What you are asked to do —
Copy each line of the records that includes "Setup".

[Stored data entries]
-- ===== src/Server/Laws.antt =====
-- main.go: what the handlers of the public port promise together.
use peakshield.Prelude.{
  ◌≤◌, ◌≡◌, ◌⊎◌, refl, ap, ◌∙◌, true, false, Option, none, some, [], ◌∷◌, ◌++◌, take, arith, inl,
  inr, Bool-cases,
}
use mathlib.Core.Option
use peakshield.Prelude.Int.{ℤ, pos, leb_ℤ, ◌<ℤ◌, ◌≤ℤ◌}
use peakshield.Prelude.Bytes.{Bytes, bytes, decimal}
use peakshield.Prelude.Float.{Float64}
use peakshield.Http.Header.{Header, canonical, get-set_same, get-set_other}
use peakshield.Http.Header
use peakshield.Http.Writer.{
  ResponseWriter, Sent, apply_all, set_header, write_header, write, edited, joined,
}
use peakshield.Config.Load.{Config}
use peakshield.Config.Load.Laws.{Consistent}
use peakshield.WaitingRoom.Goroutine.{
  Reply, forwarded, forwarded_late, queue_full_page, timeout_page, hung_up,
}
use peakshield.WaitingRoom.WaitPage.{
  mode_queue_full, mode_timeout, page_body, render, set_retry_after,
}
use peakshield.WaitingRoom.WaitPage.Headers.{IsWaitPage, wait_page_lem}
use peakshield.Stripper.Html.{strip_html}
use peakshield.Stripper.Writer.{names_html, middleware}
use peakshield.Stripper.Writer.Laws.{html_stripped, middleware_total, prepared, without_length}
use peakshield.Proxy.Request.{Request, build_backend_request}
use peakshield.Proxy.Serve.{Response, answered, answer_fields, serve_http}
use peakshield.Proxy.Serve.Laws.{ops_answered}
use peakshield.Middleware.{chain_lem}
use peakshield.Server.{
  Setup, Moment, client_ip, http_error, rl_middleware, wr_middleware, stripped_proxy, proxy_handler,
  proxy_ops,
}

-- The client has got the plain text of a refusal.
abbrev pub IsRefusal : ResponseWriter → ResponseWriter → Type 0
IsRefusal before w =
    (h : Sent) × (w.sent ≡ some h)
    × (h.status ≡ 429)
    × (Header.get (bytes "Content-Type") h.headers ≡ bytes "text/plain; charset=utf-8")
    × (w.body ≡ before.body ++ bytes "429 Too Many Requests\n")

http_error-IsRefusal :
    (w : ResponseWriter)
    → w.sent ≡ none
    → IsRefusal w (http_error (bytes "429 Too Many Requests") 429 w)
unfolding http_error set_header write write_header canonical
http_error-IsRefusal w fresh = rw fresh (
  record {
    status = 429;
    headers =
        Header.set (bytes "X-Content-Type-Options") (bytes "nosniff")
          (Header.set (bytes "Content-Type") (bytes "text/plain; charset=utf-8") w.header);
  },
  refl,
  refl,
  get-set_other (bytes "X-Content-Type-Options") (bytes "Content-Type") _ _ refl
      ∙ get-set_same (bytes "Content-Type") (bytes "text/plain; charset=utf-8") w.header,
  refl,
)

-- The writer as the handler behind the waiting room gets it, if it is called.
abbrev pub passed_on : (ℤ → ℤ) → Reply → ResponseWriter → Option ResponseWriter
passed_on estimate forwarded w = some w
passed_on estimate (forwarded_late position) w = some (set_retry_after estimate position w)
passed_on estimate (queue_full_page position) w = none
passed_on estimate (timeout_page position) w = none
passed_on estimate hung_up w = none

over_threshold :
    (most active low threshold : ℤ)
    → threshold ≡ low
    → low <ℤ most
    → most ≤ℤ active
    → leb_ℤ active threshold ≡ false
over_threshold most active low threshold e h k = rw e (ground arith)

module _ (s : Setup) (m : Moment) (r : Request) (w : ResponseWriter) where
  handler_order :
      proxy_handler s m r w
      ≡ rl_middleware m.allowed (wr_middleware s.estimate m.reply (stripped_proxy s m)) r w
  unfolding proxy_handler
  handler_order =
      ap (λ h. h r w)
        (chain_lem (stripped_proxy s m)
          (rl_middleware m.allowed ∷ wr_middleware s.estimate m.reply ∷ []))

  let_in :
      m.allowed (client_ip r.remote_addr) ≡ true
      → proxy_handler s m r w ≡ render s.estimate some (stripped_proxy s m r) m.reply w
  unfolding rl_middleware wr_middleware
  let_in allowed = handler_order ∙ rw allowed refl

  -- A request that the rate limiter refuses is answered with status 429 and its text, where nothing
  -- was sent before, whatever the waiting room, the load and the backend: the limiter is the
  -- outermost handler.
  pub refused_lem :
      w.sent ≡ none
      → m.allowed (client_ip r.remote_addr) ≡ false
      → (out : ResponseWriter) × (proxy_handler s m r w ≡ some out) × IsRefusal w out
  unfolding rl_middleware
  refused_lem fresh refused = (
    http_error (bytes "429 Too Many Requests") 429 w,
    handler_order ∙ rw refused refl,
    http_error-IsRefusal w fresh,
  )

  rendered :
      (reply : Reply) {v : ResponseWriter}
      → passed_on s.estimate reply w ≡ some v
      → render s.estimate some (stripped_proxy s m r) reply w ≡ stripped_proxy s m r v
  unfolding render
  rendered forwarded e = ap (stripped_proxy s m r) (cc)
  rendered (forwarded_late position) e = ap (stripped_proxy s m r) (cc)
  rendered (queue_full_page position) e = absurd (ground (arith, e))
  rendered (timeout_page position) e = absurd (ground (arith, e))
  rendered hung_up e = absurd (ground (arith, e))

  forward :
      (v : ResponseWriter)
      → m.allowed (client_ip r.remote_addr) ≡ true
      → passed_on s.estimate m.reply w ≡ some v
      → proxy_handler s m r w ≡ stripped_proxy s m r v
  forward v allowed on = let_in allowed ∙ rendered m.reply on

  -- A request that is let in and finds the queue full, or whose wait times out, gets the wait page,
  -- where nothing was sent before, with the estimate for its position to come back after.
  pub turned_away_lem :
      (position : ℤ) (page : Bytes)
      → w.sent ≡ none
      → m.allowed (client_ip r.remote_addr) ≡ true
      → ((m.reply ≡ queue_full_page position)
          × (page ≡ page_body s.estimate mode_queue_full (pos 0)))
        ⊎ ((m.reply ≡ timeout_page position) × (page ≡ page_body s.estimate mode_timeout position))
      → (out : ResponseWriter) × (proxy_handler s m r w ≡ some out)
        × IsWaitPage (decimal (s.estimate position)) (w.body ++ page) out
  turned_away_lem position page fresh allowed (inl (full, at)) =
      let (out, e, good) =
        (wait_page_lem s.estimate some (stripped_proxy s m r) position w fresh).0 in
      (
        out,
        let_in allowed ∙ ap (λ x. render s.estimate some (stripped_proxy s m r) x w) full ∙ e,
        rw at good,
      )
  turned_away_lem position page fresh allowed (inr (late, at)) =
      let (out, e, good) =
        (wait_page_lem s.estimate some (stripped_proxy s m r) position w fresh).1 in
      (
        out,
        let_in allowed ∙ ap (λ x. render s.estimate some (stripped_proxy s m r) x w) late ∙ e,
        rw at good,
      )

  stripped_total :
      (v : ResponseWriter) → (out : ResponseWriter) × (stripped_proxy s m r v ≡ some out)
  unfolding stripped_proxy
  stripped_total v =
      middleware_total s.detect m.active_requests s.strip_threshold (proxy_ops s m r) r.header v

  render_total :
      (reply : Reply)
      → (out : ResponseWriter) × (render s.estimate some (stripped_proxy s m r) reply w ≡ some out)
  unfolding render
  render_total forwarded = stripped_total w
  render_total (forwarded_late position) = stripped_total (set_retry_after s.estimate position w)
  render_total (queue_full_page position) = (_, refl)
  render_total (timeout_page position) = (_, refl)
  render_total hung_up = (_, refl)

  -- The fuel of the filter is enough for the handlers to come to a result.
  pub proxy_handler_total : (out : ResponseWriter) × (proxy_handler s m r w ≡ some out)
  proxy_handler_total = elim (Bool-cases (m.allowed (client_ip r.remote_addr))) [
    | inl allowed ↦ let (out, e) = render_total m.reply in (out, let_in allowed ∙ e)
    | inr refused ↦ (
      http_error (bytes "429 Too Many Requests") 429 w,
      handler_order ∙ unfold rl_middleware in rw refused refl,
    )
  ]

  -- The request as the active stripper hands it on.
  abbrev uncompressed : Request
  uncompressed = record r { header = Header.del (bytes "Accept-Encoding") r.header }

  -- Under a configuration that keeps the rules of validate, a request that is let in and comes
  -- through the waiting room while at least MaxConcurrent requests are active, and that the backend
  -- answers with HTML and a status of at least 100, without being offered the client's Accept-Encoding, gets the page stripped:
  -- with the backend's status, without Content-Length, and with the stripped text of all that the
  -- client takes.
  pub busy_lem :
      (float : Float64) (c : Config float) (v : ResponseWriter) (resp : Response)
      → Consistent float c
      → s.strip_threshold ≡ c.strip_threshold
      → c.max_concurrent ≤ℤ m.active_requests
      → m.allowed (client_ip r.remote_addr) ≡ true
      → passed_on s.estimate m.reply w ≡ some v
      → 100 ≤ resp.status
      → Option.map m.do_request (build_backend_request s.reparse s.target uncompressed)
        ≡ some (answered resp)
      → names_html (Header.get (bytes "Content-Type") (edited (answer_fields resp) v.header)) ≡ true
      → (out : Bytes) × (strip_html (joined (take m.accepted resp.chunks)) ≡ some out)
        × (proxy_handler s m r w
            ≡ some (
                write out
                  (write_header resp.status (without_length (prepared (answer_fields resp) v)))))
  unfolding stripped_proxy
  busy_lem float c v resp rules threshold full allowed on fine answer html =
      let (out, e, same) =
        html_stripped s.detect m.active_requests s.strip_threshold (proxy_ops s m r) r.header v
          (answer_fields resp) resp.status (take m.accepted resp.chunks)
          (over_threshold c.max_concurrent m.active_requests c.strip_threshold s.strip_threshold
            threshold rules.5 full)
          (ops_answered s.reparse s.target_url s.target m.do_request m.client_gone m.accepted
            uncompressed resp fine answer)
          html in
      (out, e, forward v allowed on ∙ same)

  -- As long as no more requests are active than the strip threshold, the client of a request that
  -- is let in and comes through the waiting room gets exactly what the proxy writes.
  pub calm_lem :
      (v : ResponseWriter)
      → leb_ℤ m.active_requests s.strip_threshold ≡ true
      → m.allowed (client_ip r.remote_addr) ≡ true
      → passed_on s.estimate m.reply w ≡ some v
      → proxy_handler s m r w
        ≡ some (
            apply_all
              (serve_http s.reparse s.target_url s.target m.do_request m.client_gone m.accepted
                r).ops
              v)
  unfolding stripped_proxy middleware
  calm_lem v calm allowed on = forward v allowed on ∙ rw calm refl
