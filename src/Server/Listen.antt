-- ===== src/Server/Listen.antt =====
-- main.go: the two servers' timeouts, and the page of /metrics.
use peakshield.Prelude.{ℕ, ◌+◌, ◌^◌, ◌<◌, ◌≡◌, ◌++◌, refl, arith}
use peakshield.Prelude.Int.{ℤ, pos, add64, add64_pos, ◌<ℤ◌}
use peakshield.Prelude.Bytes.{Bytes, bytes, decimal}
use peakshield.Prelude.Float.{Float64}
use peakshield.Config.Load.{Config, seconds}
use peakshield.WaitingRoom.Room.{Room, Limits, get_stats}
use peakshield.Http.Writer.{ResponseWriter, set_header, write}

-- http.Server, less its handler
pub record HttpServer : Type 0 where
  pub addr : Bytes
  pub read_timeout : ℤ
  pub write_timeout : ℤ
  pub idle_timeout : ℤ

module _ (float : Float64) where
  unfoldable pub proxy_server : Config float → HttpServer
  proxy_server c = record {
    addr = c.listen_addr;
    read_timeout = seconds 10;
    write_timeout = add64 (add64 c.queue_timeout c.backend_timeout) (seconds 15);
    idle_timeout = seconds 120;
  }

  unfoldable pub metrics_server : Config float → HttpServer
  metrics_server c = record {
    addr = c.metrics_listen_addr;
    read_timeout = seconds 5;
    write_timeout = seconds 10;
    idle_timeout = seconds 120;
  }

  -- A response on the public port may take as long as the longest wait in the queue, the longest wait
  -- for the backend, and fifteen seconds, where the sum fits an int64: the server's own limit ends
  -- neither of the two waits.
  pub write_timeout_lem :
      (c : Config float) (q b : ℕ)
      → c.queue_timeout ≡ pos q
      → c.backend_timeout ≡ pos b
      → q + b + 15_000_000_000 < 2 ^ 63
      → (c.queue_timeout <ℤ (proxy_server c).write_timeout)
        × (c.backend_timeout <ℤ (proxy_server c).write_timeout)
        × ((proxy_server c).write_timeout ≡ pos (q + b + 15_000_000_000))
  unfolding proxy_server
  write_timeout_lem c q b queue backend fits =
      rw (queue, backend, add64_pos q b (omega arith), add64_pos (q + b) 15_000_000_000 fits)
        (omega arith, omega arith, refl)

-- one gauge in the text format of Prometheus; its three calls of Fprintf are taken as one write
unfoldable pub gauge : Bytes → Bytes → Bytes → Bytes
gauge name help value =
    bytes "# HELP "
    ++ name
    ++ bytes " "
    ++ help
    ++ bytes "\n# TYPE "
    ++ name
    ++ bytes " gauge\n"
    ++ name
    ++ bytes " "
    ++ value
    ++ bytes "\n"

-- the handler of /metrics, with runtime.NumGoroutine() and mem.Alloc
unfoldable pub serve_metrics : Limits → Room → ℤ → ℕ → ResponseWriter → ResponseWriter
unfolding get_stats gauge
serve_metrics limits room goroutines alloc w =
    let stats = get_stats limits room in
    write
      (gauge (bytes "peakshield_alloc_bytes") (bytes "Bytes allocated and still in use")
        (decimal (pos alloc)))
      (write
        (gauge (bytes "peakshield_goroutines") (bytes "Number of active goroutines")
          (decimal goroutines))
        (write
          (gauge (bytes "peakshield_queue_depth") (bytes "Number of requests waiting in queue")
            (decimal stats.queue_depth))
          (write
            (gauge (bytes "peakshield_active_requests")
              (bytes "Number of requests currently in-flight to backend")
              (decimal stats.active_requests))
            (set_header (bytes "Content-Type") (bytes "text/plain; version=0.0.4") w))))
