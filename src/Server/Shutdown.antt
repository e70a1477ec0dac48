-- ===== src/Server/Shutdown.antt =====
-- main.go: main from the termination signal to its return. Shutdown of each server runs in a
-- goroutine of its own, and main waits for both at a WaitGroup.
use peakshield.Prelude.{
  ℕ, ◌+◌, ◌-◌, ◌≡◌, refl, Bool, true, false, ◌&&◌, Option, none, some, List, [], ◌∷◌, ◌++◌, arith,
  ◌==◌, if◌then◌else◌,
}

pub data Line : Type 0 where
  signal_received : Line
  proxy_failed : Line
  metrics_failed : Line
  exited_safely : Line

-- A goroutine returns from Shutdown, with an error or without, or main goes on at wg.Wait().
pub data Event : Type 0 where
  proxy_shut : (failed : Bool) → Event
  metrics_shut : (failed : Bool) → Event
  waited : Event

pub record Closing : Type 0 where
  pub proxy_open : Bool  -- the goroutine of proxyServer.Shutdown has not returned
  pub metrics_open : Bool
  pub wg : ℕ
  pub running : Bool  -- main has not returned
  pub log : List Line

-- after wg.Add(2) and the two go statements
unfoldable pub closing : Closing
closing = record {
  proxy_open = true;
  metrics_open = true;
  wg = 2;
  running = true;
  log = signal_received ∷ [];
}

abbrev log_if : Bool → Line → List Line → List Line
log_if failed line log = if failed then log ++ line ∷ [] else log

-- `none` for an event that is not possible.
unfoldable pub step : Closing → Event → Option Closing
step c (proxy_shut failed) =
    if c.proxy_open && c.running
    then some
        (record c { proxy_open = false; wg = c.wg - 1; log = log_if failed proxy_failed c.log })
    else none
step c (metrics_shut failed) =
    if c.metrics_open && c.running
    then some
        (record c { metrics_open = false; wg = c.wg - 1; log = log_if failed metrics_failed c.log })
    else none
step c waited =
    if c.wg == 0 && c.running
    then some (record c { running = false; log = c.log ++ exited_safely ∷ [] })
    else none

pub data Reach : Closing → Type 0 where
  start : {c : Closing} → c ≡ closing → Reach c
  later : {c d : Closing} (e : Event) → step c e ≡ some d → Reach c → Reach d

abbrev one_if : Bool → ℕ
one_if true = 1
one_if false = 0

record Inv (c : Closing) : Type 0 where
  waits_for : c.wg ≡ one_if c.proxy_open + one_if c.metrics_open
  joined : c.running ≡ false → c.wg ≡ 0

step-Inv : (c : Closing) (e : Event) {d : Closing} → Inv c → step c e ≡ some d → Inv d
unfolding step
step-Inv c (proxy_shut failed) inv h = ground arith
step-Inv c (metrics_shut failed) inv h = ground arith
step-Inv c waited inv h = ground arith

Reach-Inv : {c : Closing} → Reach c → Inv c
unfolding closing
Reach-Inv (start e) = rw e (record { waits_for = refl; joined = λ h. cc })
Reach-Inv (later {c} e h r) = step-Inv c e (Reach-Inv r) h

ended : (c : Closing) → c.running ≡ false → (e : Event) → step c e ≡ none
unfolding step
ended c stopped (proxy_shut failed) = ground arith
ended c stopped (metrics_shut failed) = ground arith
ended c stopped waited = ground arith

-- main returns only when both servers have returned from Shutdown, with or without an error, and
-- then nothing more happens.
exit_lem :
    {c : Closing}
    → Reach c
    → c.running ≡ false
    → (c.proxy_open ≡ false) × (c.metrics_open ≡ false) × ((e : Event) → step c e ≡ none)
exit_lem {c} r stopped = let inv = Reach-Inv r in (ground arith, ground arith, ended c stopped)

-- Once both calls of Shutdown have returned, main goes on, and returns.
goes_on :
    {c : Closing}
    → Reach c
    → c.running ≡ true
    → c.proxy_open ≡ false
    → c.metrics_open ≡ false
    → (d : Closing) × (step c waited ≡ some d) × (d.running ≡ false)
unfolding step
goes_on {c} r going p m =
    let inv = Reach-Inv r in
    (record c { running = false; log = c.log ++ exited_safely ∷ [] }, ground arith, refl)
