-- ===== src/WaitingRoom/WaitPage/Estimate.antt =====
-- waitingroom/waitingroom.go: estimateWait.
use peakshield.Prelude.{
  ℕ, zero, suc, ◌+◌, ◌-◌, ◌*◌, ◌/◌, ◌%◌, ◌^◌, ◌≤◌, ◌<◌, ◌≡◌, true, false, if◌then◌else◌, arith,
}
use native.Mathlib.Nat.{add-div_right, div-mul-le_self, lt-div-mul-add}
use peakshield.Prelude.Int.{
  add64_pos, sub64_pos, ℤ, pos, negsuc, pos_part, sub_ℕ, leb_ℤ, ltb_ℤ, ◌≤ℤ◌, add64, sub64,
}
use peakshield.Prelude.Float.{Float64}

-- Go's `/` and `%` by a divisor above zero: both cut off towards zero.
abbrev quot : ℤ → ℕ → ℤ
quot (pos n) d = pos (n / d)
quot (negsuc n) d = sub_ℕ 0 (suc n / d)

abbrev rem : ℤ → ℕ → ℤ
rem (pos n) d = pos (n % d)
rem (negsuc n) d = sub_ℕ 0 (suc n % d)

-- time.Second, in nanoseconds
abbrev second : ℕ
second = 1_000_000_000

-- The guard against a division by zero: MaxConcurrent, or 1 where it is not above zero.
unfoldable pub max_conc : ℤ → ℕ
max_conc m = if leb_ℤ m (pos 0) then 1 else pos_part m

-- (pos + maxConc - 1) / maxConc
unfoldable pub waves : ℤ → ℕ → ℤ
waves position m = quot (sub64 (add64 position (pos m)) (pos 1)) m

module _ (float : Float64) where
  open float use {Real, of_int, to_int, add, mul, div}

  -- time.Duration's Seconds()
  unfoldable pub seconds : ℤ → Real
  seconds d = add (of_int (quot d second)) (div (of_int (rem d second)) (of_int (pos second)))

  -- BackendTimeout.Seconds() / 3.0
  unfoldable pub average_service : ℤ → Real
  unfolding seconds
  average_service backend_timeout = div (seconds backend_timeout) (of_int (pos 3))

  -- At MaxConcurrent and BackendTimeout.
  unfoldable pub estimate_wait : ℤ → ℤ → ℤ → ℤ
  unfolding max_conc waves average_service
  estimate_wait max_concurrent backend_timeout position =
      if leb_ℤ position (pos 0)
      then pos 5
      else let estimated = to_int (
          mul (of_int (waves position (max_conc max_concurrent)))
            (average_service backend_timeout)) in
        if ltb_ℤ estimated (pos 5) then pos 5 else estimated

module _ (float : Float64) where
  open float use {Real, of_int, to_int, add, mul, div, le, lt}

  -- The estimate is at least 5 seconds, for every position and every configuration.
  estimate_wait_min : (m t position : ℤ) → pos 5 ≤ℤ estimate_wait float m t position
  unfolding estimate_wait
  estimate_wait_min m t position = ground arith

quotient_step : (p m : ℕ) → 0 < p → 0 < m → (p + m - 1) / m ≡ suc ((p - 1) / m)
quotient_step p m hp hm =
    let e : p + m - 1 ≡ (p - 1) + m = omega arith in rw (e, add-div_right (p - 1) hm) (omega arith)

waves_lem : (p m : ℕ) → 0 < p → 0 < m → p + m < 2 ^ 63 → waves (pos p) m ≡ pos (suc ((p - 1) / m))
unfolding waves
waves_lem p m hp hm fits =
    rw (add64_pos p m fits, sub64_pos (p + m) 1 (omega arith) fits, quotient_step p m hp hm)

-- For a position p of the queue the number of waves is p / MaxConcurrent rounded up: with so many
-- waves of MaxConcurrent completions the position is reached, and with one less it is not.
waves_ceil :
    (p m : ℕ)
    → 0 < p
    → 0 < m
    → p + m < 2 ^ 63
    → (k : ℕ) × (waves (pos p) m ≡ pos (suc k)) × (k * m < p) × (p ≤ suc k * m)
waves_ceil p m hp hm fits = (
  (p - 1) / m,
  waves_lem p m hp hm fits,
  omega (arith, div-mul-le_self (p - 1) m),
  omega (arith, lt-div-mul-add {a = p - 1} hm),
)

max_conc_pos : (m : ℤ) → 0 < max_conc m
unfolding max_conc
max_conc_pos (pos n) = ground arith
max_conc_pos (negsuc n) = ground arith

quotient_mono : (p q m : ℕ) → p ≤ q → p / m ≤ q / m
quotient_mono p q m h = grind arith

above_zero : (p : ℕ) → leb_ℤ (pos (suc p)) (pos 0) ≡ false
above_zero p = ground arith

clamp_mono :
    (x y : ℤ)
    → x ≤ℤ y
    → (if ltb_ℤ x (pos 5) then pos 5 else x) ≤ℤ (if ltb_ℤ y (pos 5) then pos 5 else y)
clamp_mono x y h = ground arith

module _ (float : Float64) where
  open float use {
    of_int, to_int, mul, le, lt, add_nonneg, div_nonneg, of_int_mono, scale_nonneg, scale_mono,
    to_int_mono,
  }

  average_service_nonneg : (t : ℕ) → le (of_int (pos 0)) (average_service float (pos t)) ≡ true
  unfolding average_service
  average_service_nonneg t = div_nonneg _ 2 (
      add_nonneg _ _ (of_int_mono _ _ (omega arith))
        (div_nonneg _ 999_999_999 (of_int_mono _ _ (omega arith))))

  -- Of two positions that are not negative the one further back has no shorter estimate, for a
  -- BackendTimeout that is not negative, where the position and MaxConcurrent (1 for one that is not
  -- above zero) add up to less than 2^63, and the estimate for that position, before it is cut to a
  -- whole number, is below 2^63.
  pub estimate_wait_mono :
      (m : ℤ) (t p q : ℕ)
      → p ≤ q
      → q + max_conc m < 2 ^ 63
      → lt
          (mul (of_int (waves (pos q) (max_conc m))) (average_service float (pos t)))
          (of_int (pos (2 ^ 63)))
        ≡ true
      → estimate_wait float m (pos t) (pos p) ≤ℤ estimate_wait float m (pos t) (pos q)
  unfolding estimate_wait
  estimate_wait_mono m t zero q h fits range = estimate_wait_min float m (pos t) (pos q)
  estimate_wait_mono m t (suc p) zero h fits range = absurd (omega arith)
  estimate_wait_mono m t (suc p) (suc q) h fits range =
      rw
        (
          waves_lem (suc p) (max_conc m) (omega arith) (max_conc_pos m) (omega arith),
          at_q,
          above_zero p,
          above_zero q,
        )
        (clamp_mono (result ((suc p - 1) / max_conc m)) (result ((suc q - 1) / max_conc m)) (
          to_int_mono _ _ (scale_nonneg _ _ nonneg)
            (scale_mono _ _ _ (quotient_mono (suc p - 1) (suc q - 1) (max_conc m) (omega arith))
              nonneg)
            (rw at_q at range)))
    where
      result : ℕ → ℤ
      result k = to_int (mul (of_int (pos (suc k))) (average_service float (pos t)))

      at_q : waves (pos (suc q)) (max_conc m) ≡ pos (suc ((suc q - 1) / max_conc m))
      at_q = waves_lem (suc q) (max_conc m) (omega arith) (max_conc_pos m) fits

      nonneg : le (of_int (pos 0)) (average_service float (pos t)) ≡ true
      nonneg = average_service_nonneg t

Reply —
  Setup, Moment, client_ip, http_error, rl_middleware, wr_middleware, stripped_proxy, proxy_handler,
module _ (s : Setup) (m : Moment) (r : Request) (w : ResponseWriter) where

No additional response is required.